A centralized gene-annotation portal that enables researchers to access distributed gene annotation resources. The unique features of BioGPS, compared to those of other gene portals, are its community extensibility and user customizability. Users contribute the gene-specific resources accessible from BioGPS (‘plugins’), which helps ensure that the resource collection is always up-to-date and that it will continue expanding over time. BioGPS users can create their own collections of relevant plugins and save them as customized gene-report pages or ‘layouts’. In addition, we recently updated the most popular plugin, the ‘Gene expression/activity chart’, to include ∼6000 datasets (from ∼2000 datasets) and we enhanced user interactivity.

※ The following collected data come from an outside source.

-- ===== src/Strings/Uri/Errors.antt =====
-- When UriUnescape throws.
use claire_common.Common.{ℕ, ◌<◌, ◌≡◌, ◌⊎◌, refl, ◌∙◌, List, [], ◌∷◌, ◌++◌, arith, length, All}
use mathlib.Core.Path.{ap}
use mathlib.Core.List.{append-nil, append_assoc}
use claire_common.Strings.Uri.{
  EscapeMode, hex_entry, throw, incomplete_sequence, invalid_sequence, unescape_loop, uri_unescape,
}
use claire_common.Strings.Uri.RoundTrip.{IsPlain, unescape_plain}

module _ (mode : EscapeMode) where
  unescape-All_plain :
      (front back run output : List ℕ)
      → All (IsPlain mode) front
      → unescape_loop mode (front ++ back) run output
        ≡ unescape_loop mode back (run ++ front) output
  unescape-All_plain [] back run output h = rw append-nil
  unescape-All_plain (c ∷ front) back run output (hc, hs) =
      unescape_plain mode c (front ++ back) run output hc
      ∙ unescape-All_plain front back (run ++ c ∷ []) output hs
      ∙ ap (λ r. unescape_loop mode back r output) (append_assoc run (c ∷ []) front)

  cut :
      (back run output : List ℕ)
      → length back < 2
      → unescape_loop mode (b'%' ∷ back) run output ≡ throw incomplete_sequence
  unfolding unescape_loop
  cut [] run output h = refl
  cut (d ∷ []) run output h = refl
  cut (d ∷ e ∷ back) run output h = absurd (omega arith)

  not_hex :
      (d e : ℕ) (back run output : List ℕ)
      → (hex_entry d ≡ 16) ⊎ (hex_entry e ≡ 16)
      → unescape_loop mode (b'%' ∷ d ∷ e ∷ back) run output ≡ throw invalid_sequence
  unfolding unescape_loop
  not_hex d e back run output bad = ground arith

  -- Behind bytes that stand for themselves, a percent sign with fewer than two bytes after it is
  -- the exception for an incomplete sequence.
  pub uri_unescape_incomplete :
      (front back output : List ℕ)
      → All (IsPlain mode) front
      → length back < 2
      → uri_unescape (front ++ (b'%' ∷ back)) output mode ≡ throw incomplete_sequence
  unfolding uri_unescape
  uri_unescape_incomplete front back output h k =
      unescape-All_plain front (b'%' ∷ back) [] output h ∙ cut back front output k

  -- Behind such bytes, a percent sign followed by a byte that is no hexadecimal digit among its two
  -- is the exception for an invalid sequence, whatever comes after it.
  pub uri_unescape_invalid :
      (front : List ℕ) (d e : ℕ) (back output : List ℕ)
      → All (IsPlain mode) front
      → (hex_entry d ≡ 16) ⊎ (hex_entry e ≡ 16)
      → uri_unescape (front ++ (b'%' ∷ d ∷ e ∷ back)) output mode ≡ throw invalid_sequence
  unfolding uri_unescape
  uri_unescape_invalid front d e back output h bad =
      unescape-All_plain front (b'%' ∷ d ∷ e ∷ back) [] output h ∙ not_hex d e back front output bad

GCGene / Gastric Cancer Gene database
A literature-based database with comprehensive annotations supported by a user-friendly website. In the current release, we have collected 1,815 unique human genes including 1,678 protein-coding and 137 non-coding genes curated from extensive examination of 3,142 PubMed abstracts. The resulting database has a convenient web-based interface to facilitate both textual and sequence-based searches. All curated genes in GCGene are downloadable for advanced bioinformatics data mining. Gene prioritization was performed to rank the relative relevance of these genes in gastric cancer development.